Output each line of the data word for word, from the first through the line that holds "unfoldable pub timed_lock", and leave off whatever follows.

**Data for the task**

Segment Open

-- ===== src/Locker/Sharable.antt =====
-- The guard `sharable_lock` of qbus/locker.h, over any locker: what the guard calls of it is an interface.
-- A call that throws `lock_exception` leaves the guard as it is.
use qbus.Prelude.{
  ℕ, ◌+◌, ◌≡◌, ◌⊎◌, inl, inr, refl, ap, ◌∙◌, arith, Bool, true, false, not, if◌then◌else◌, List, [],
  ◌∷◌, Run, done, spent, ◌>>=◌, Bool-cases,
}
use qbus.Locker.Guard.{Lockable, Guard, Outcome, returned, lock_exception, Call, b2n, SharableKeeps}

module _ {L T : Type 0} (c : Lockable L T) where
  -- The constructor with `defer_lock_type`.
  unfoldable pub defer : L → Guard L
  defer l = record { locker = l; locked = false }

  unfoldable pub lock : Guard L → Run (Outcome (Guard L))
  lock g =
      let locking =
        c.lock_sharable g.locker >>= λ l. done (returned (record { locker = l; locked = true })) in
      if g.locked then done lock_exception else locking

  unfoldable pub try_lock : Guard L → Run (Outcome (Guard L × Bool))
  try_lock g =
      let trying = c.try_lock_sharable g.locker >>= λ r.
      done (returned (record { locker = r.0; locked = r.1 }, r.1)) in
      if g.locked then done lock_exception else trying

  unfoldable pub timed_lock : Guard L → T → Run (Outcome (Guard L × Bool))
  timed_lock g timeout =
      let trying = c.timed_lock_sharable g.locker timeout >>= λ r.
      done (returned (record { locker = r.0; locked = r.1 }, r.1)) in
      if g.locked then done lock_exception else trying

  unfoldable pub unlock : Guard L → Run (Outcome (Guard L))
  unlock g =
      let unlocking = c.unlock_sharable g.locker >>= λ l.
      done (returned (record { locker = l; locked = false })) in
      if not g.locked then done lock_exception else unlocking

  unfoldable pub owns : Guard L → Bool
  owns g = g.locked

  -- The constructor that locks, and the one with `try_to_lock_type`, and the one with a timeout.
  unfoldable pub make : L → Run (Outcome (Guard L))
  make l = lock (defer l)

  unfoldable pub make_try : L → Run (Guard L)
  make_try l = c.try_lock_sharable l >>= λ r. done (record { locker = r.0; locked = r.1 })

  unfoldable pub make_timed : L → T → Run (Guard L)
  make_timed l timeout =
      c.timed_lock_sharable l timeout >>= λ r. done (record { locker = r.0; locked = r.1 })

  -- The destructor.
  unfoldable pub destroy : Guard L → Run L
  destroy g =
      let unlocking = c.unlock_sharable g.locker in if g.locked then unlocking else done g.locker

  abbrev after : {A : Type 0} → (A → Guard L) → Guard L → Outcome A → Guard L
  after f g (returned a) = f a
  after f g lock_exception = g

  -- One call of a client that catches the exception.
  unfoldable pub call : Guard L → Call T → Run (Guard L)
  call g Call.lock = lock g >>= λ o. done (after (λ g'. g') g o)
  call g Call.try_lock = try_lock g >>= λ o. done (after (λ r. r.0) g o)
  call g (Call.timed_lock t) = timed_lock g t >>= λ o. done (after (λ r. r.0) g o)
  call g Call.unlock = unlock g >>= λ o. done (after (λ g'. g') g o)

  -- Any calls, and the destructor.
  unfoldable pub live : Guard L → List (Call T) → Run L
  live g [] = destroy g
  live g (k ∷ ks) = call g k >>= λ g'. live g' ks

  module _ (held : L → ℕ) (keeps : SharableKeeps c held) where
    -- How a call ends: it waits for ever, or the guard holds its locker as often as it says.
    abbrev Held : ℕ → Run (Guard L) → Type 0
    Held n out =
        (out ≡ spent) ⊎ ((g : Guard L) × (out ≡ done g) × (held g.locker ≡ n + b2n g.locked))

    call-Held :
        (n : ℕ) (l : L) (b : Bool) (k : Call T)
        → held l ≡ n + b2n b
        → Held n (call (record { locker = l; locked = b }) k)
    unfolding call lock try_lock timed_lock unlock
    call-Held n l true Call.lock h = inr (_, refl, h)
    call-Held n l true Call.try_lock h = inr (_, refl, h)
    call-Held n l true (Call.timed_lock t) h = inr (_, refl, h)
    call-Held n l false Call.unlock h = inr (_, refl, h)
    call-Held n l false Call.lock h = elim (keeps.0 l) [
      | inl e ↦ inl (rw e)
      | inr r ↦ inr (record { locker = r.0; locked = true }, rw r.1, omega (arith, r.2))
    ]
    call-Held n l false Call.try_lock h = elim (keeps.1 l) [
      | inl e ↦ inl (rw e)
      | inr r ↦ inr (record { locker = r.0.0; locked = r.0.1 }, rw r.1, omega (arith, r.2))
    ]
    call-Held n l false (Call.timed_lock t) h = elim (keeps.2 t l) [
      | inl e ↦ inl (rw e)
      | inr r ↦ inr (record { locker = r.0.0; locked = r.0.1 }, rw r.1, omega (arith, r.2))
    ]
    call-Held n l true Call.unlock h =
        let r = keeps.3 l (omega arith) in
        inr (record { locker = r.0; locked = false }, rw r.1, omega (arith, r.2))

    live-Held :
        (n : ℕ) (g : Guard L) (ks : List (Call T))
        → held g.locker ≡ n + b2n g.locked
        → (live g ks ≡ spent) ⊎ ((l : L) × (live g ks ≡ done l) × (held l ≡ n))
    unfolding live destroy
    live-Held n g [] h = elim (Bool-cases g.locked) [
      | inl e ↦
          let one : held g.locker ≡ n + 1 = h ∙ ap (λ b. n + b2n b) e in
          let r = keeps.3 g.locker (omega arith) in
          inr (
            r.0,
            ap (λ b. if b then c.unlock_sharable g.locker else done g.locker) e ∙ r.1,
            omega (arith, r.2),
          )
      | inr e ↦
          let none : held g.locker ≡ n + 0 = h ∙ ap (λ b. n + b2n b) e in
          inr (
            g.locker,
            ap (λ b. if b then c.unlock_sharable g.locker else done g.locker) e,
            omega arith,
          )
    ]
    live-Held n g (k ∷ ks) h = elim (call-Held n g.locker g.locked k h) [
      | inl e ↦ inl (rw e)
      | inr r ↦ elim (live-Held n r.0 ks r.2) [
        | inl e ↦ inl (rw (r.1, e))
        | inr q ↦ inr (q.0, rw (r.1, q.1), q.2)
      ]
    ]

    -- Whatever a client does with a guard, and whichever calls throw: unless a call waits for ever,
    -- the locker is released, after the destructor, as often as the guard has locked it. The locker
    -- must count its holders.
    pub sharable_balanced :
        (l : L) (ks : List (Call T))
        → (live (defer l) ks ≡ spent)
          ⊎ ((l' : L) × (live (defer l) ks ≡ done l') × (held l' ≡ held l))
    unfolding defer
    sharable_balanced l ks = live-Held (held l) (defer l) ks (omega arith)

Segment Closed

**Solved exercise**
-- ===== src/Locker/Sharable.antt =====
-- The guard `sharable_lock` of qbus/locker.h, over any locker: what the guard calls of it is an interface.
-- A call that throws `lock_exception` leaves the guard as it is.
use qbus.Prelude.{
  ℕ, ◌+◌, ◌≡◌, ◌⊎◌, inl, inr, refl, ap, ◌∙◌, arith, Bool, true, false, not, if◌then◌else◌, List, [],
  ◌∷◌, Run, done, spent, ◌>>=◌, Bool-cases,
}
use qbus.Locker.Guard.{Lockable, Guard, Outcome, returned, lock_exception, Call, b2n, SharableKeeps}

module _ {L T : Type 0} (c : Lockable L T) where
  -- The constructor with `defer_lock_type`.
  unfoldable pub defer : L → Guard L
  defer l = record { locker = l; locked = false }

  unfoldable pub lock : Guard L → Run (Outcome (Guard L))
  lock g =
      let locking =
        c.lock_sharable g.locker >>= λ l. done (returned (record { locker = l; locked = true })) in
      if g.locked then done lock_exception else locking

  unfoldable pub try_lock : Guard L → Run (Outcome (Guard L × Bool))
  try_lock g =
      let trying = c.try_lock_sharable g.locker >>= λ r.
      done (returned (record { locker = r.0; locked = r.1 }, r.1)) in
      if g.locked then done lock_exception else trying

  unfoldable pub timed_lock : Guard L → T → Run (Outcome (Guard L × Bool))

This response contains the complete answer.